In der Zwischenzeit begannen laut Leva-EU immer mehr Unternehmen mit der Entwicklung von SH-Systemen, und insbesondere Hersteller von E-Motorrädern entdeckten die Vorteile des Systems für ihr Fahrzeug. Da das System weniger mechanische Teile hat, sind laut Leva-EU Verschleiß und Wartungskosten geringer. Zudem ermöglicht das SH-System auch eine Rückfahrfunktion, was besonders für E-Lastenfahrräder oder andere EPACs mit mehr als zwei Rädern interessant ist.
Die Position von Leva-EU
Leva-EU habe sich von Beginn der Kontroverse an verpflichtet, seine Mitglieder in der SH-Problematik zu unterstützen. Ein erstes Treffen mit der Europäischen Kommission im Jahr 2018 führte zu keinem Ergebnis. Auch bei ISO, CEN und IEC haben sich die Leva-EU-Experten dafür eingesetzt, dass SH-Systeme von ISO-, CEN- und IEC-Normen erfasst werden.
Ende des letzten Jahres kam es zu einem erneuten Treffen zwischen Leva-EU und der Europäischen Kommission. Zu diesem Zeitpunkt hatte der Fachverband zwölf Mitglieder, die von der Ungewissheit betroffen waren. Zusammen mit diesen Mitgliedern erläuterte Leva-EU der Kommission die technischen Aspekte des Systems sowie sein Marktpotenzial. Im Anschluss an diese Beratung fand ein Treffen der Kommission mit den EU-Mitgliedstaaten statt.
Europäische Kommission schafft Klarheit
Bei diesem Treffen stellte die Kommission Folgendes zu den Anforderungen klar, die von Pedalrädern erfüllt werden müssen, um die Anforderungen von Artikel 2.2(h) der Verordnung 168/2013 zu erfüllen:
- Ausgestattet mit einem elektrischen Hilfsmotor mit einer maximalen Nenndauerleistung von 250 Watt.
- Der Motor wird abgeschaltet, wenn der Radfahrer oder die Radfahrerin aufhört zu treten.

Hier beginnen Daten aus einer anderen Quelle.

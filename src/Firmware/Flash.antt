-- ===== src/Firmware/Flash.antt =====
-- `wait_for_flash_status_ok` and `flash_firmware` of firmware-update/co-firmware-update.py.
use canopen_tools.Prelude.{
  ℕ, zero, suc, ◌+◌, ◌/◌, Option, none, some, List, [], ◌∷◌, ltb, ◌==◌, if◌then◌else◌, length, take,
  drop,
}
use canopen_tools.Outcome.{value_error, other}
use canopen_tools.Firmware.Device.{
  connect, disconnect, read_swid, read_status, pre_operational, wait_bootup, ctrl, get_size,
  open_file, read_file, close_file, open_transfer, write, show_progress, close_transfer, sleep, Env,
  M, exhausted, pure, throw, attempt, finally, ◌>>=◌, ◌>>◌, perform, now,
}

abbrev pub program_ctrl_stop : ℕ
program_ctrl_stop = 0x00

abbrev pub program_ctrl_start : ℕ
program_ctrl_start = 0x01

abbrev pub program_ctrl_clear : ℕ
program_ctrl_clear = 0x03

abbrev pub program_ctrl_confirm : ℕ
program_ctrl_confirm = 0x80

-- Milliseconds.
abbrev pub default_timeout : ℕ
default_timeout = 60_000

abbrev pub default_buffer_size : ℕ
default_buffer_size = 1024

abbrev pub chunk_size : ℕ
chunk_size = default_buffer_size / 2

module _ (env : Env) where
  -- The end of a round: past the end time the status is returned, whatever it is.
  unfoldable pub until_end : (ℕ → M ℕ) → ℕ → ℕ → M ℕ
  until_end again end_time status = do
    t ← now env
    if ltb end_time t then pure status else do perform env sleep; again status

  -- A round, after its read: one that raised leaves the status as it was.
  unfoldable pub poll : (ℕ → M ℕ) → ℕ → ℕ → Option ℕ → M ℕ
  unfolding until_end
  poll again end_time status (some zero) = pure 0
  poll again end_time status (some (suc n)) = until_end again end_time (suc n)
  poll again end_time status none = until_end again end_time status

  -- `while True` of `wait_for_flash_status_ok`, on fuel.
  unfoldable pub wait_loop : ℕ → ℕ → ℕ → M ℕ
  unfolding poll
  wait_loop zero end_time status = exhausted
  wait_loop (suc fuel) end_time status = do
    got ← attempt (perform env read_status)
    poll (wait_loop fuel end_time) end_time status got

  unfoldable pub wait_for_flash_status_ok : ℕ → ℕ → M ℕ
  unfolding wait_loop
  wait_for_flash_status_ok fuel timeout = do t ← now env; wait_loop fuel (t + timeout) 0xFFFFFFFF

  -- `if status != 0: raise ValueError(…)`
  unfoldable pub require_ok : ℕ → M (Unit {0})
  require_ok status = if status == 0 then pure tt else throw value_error

  -- `percent = total_sent / bin_size` raises ZeroDivisionError on an empty file.
  unfoldable pub report : ℕ → ℕ → M ℕ
  report total size = if size == 0 then throw other else perform env (show_progress total size)

  -- One round of the copy loop; `left` is what has not been read of the file.
  unfoldable pub copy_chunk : (ℕ → List ℕ → M (Unit {0})) → ℕ → ℕ → List ℕ → M (Unit {0})
  unfolding report
  copy_chunk again size total [] = do perform env read_file; pure tt
  copy_chunk again size total (b ∷ left) = do
    perform env read_file
    let chunk = take chunk_size (b ∷ left)
    perform env (write chunk)
    report (total + length chunk) size
    again (total + length chunk) (drop chunk_size (b ∷ left))

  unfoldable pub copy_loop : ℕ → ℕ → ℕ → List ℕ → M (Unit {0})
  unfolding copy_chunk
  copy_loop zero size total left = exhausted
  copy_loop (suc fuel) size total left = copy_chunk (copy_loop fuel size) size total left

  -- Both `with` blocks. A round reads a byte at least, and the last finds the end of the file.
  unfoldable pub download : ℕ → List ℕ → M (Unit {0})
  unfolding copy_loop
  download size content = do
    perform env open_file
    finally
        (do
          perform env (open_transfer size)
          finally (copy_loop (suc (length content)) size 0 content) (perform env close_transfer))
        (perform env close_file)

  -- The steps within the `try … finally`, from `[1/6]` on; `content` is the file.
  unfoldable pub update_steps : ℕ → List ℕ → M (Unit {0})
  unfolding wait_for_flash_status_ok require_ok download
  update_steps fuel content = do
    attempt (perform env read_swid)
    wait_for_flash_status_ok fuel default_timeout
    perform env pre_operational
    perform env (ctrl program_ctrl_stop)
    perform env (ctrl program_ctrl_clear)
    cleared ← wait_for_flash_status_ok fuel default_timeout
    require_ok cleared
    size ← perform env get_size
    download size content
    stored ← wait_for_flash_status_ok fuel default_timeout
    require_ok stored
    attempt (perform env read_swid)
    perform env (ctrl program_ctrl_start)
    attempt (perform env wait_bootup)
    perform env pre_operational
    perform env (ctrl program_ctrl_confirm)
    pure tt

  unfoldable pub flash_firmware : ℕ → List ℕ → M (Unit {0})
  unfolding update_steps
  flash_firmware fuel content = do
    perform env connect
    finally (update_steps fuel content) (perform env disconnect)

- Die Motorunterstützung wird schrittweise reduziert und schließlich vor Erreichen von 25 km/h abgeschaltet.
- Die Hilfsfunktion des Motors bedeutet, dass das Fahrzeug nicht allein durch den Motor angetrieben werden kann, ohne in die Pedale zu treten (außer bei der Gehhilfe bis zu 6 km/h).
- Der Motor leistet nur so lange Unterstützung, wie der Radfahrer oder die Radfahrerin kontinuierlich in die Pedale tritt.
- Ob das Fahrzeug eine Kette hat oder nicht, wird nicht berücksichtigt, um unter diese Ausnahmeregelung zu fallen: Einhaltung der Technologieneutralität.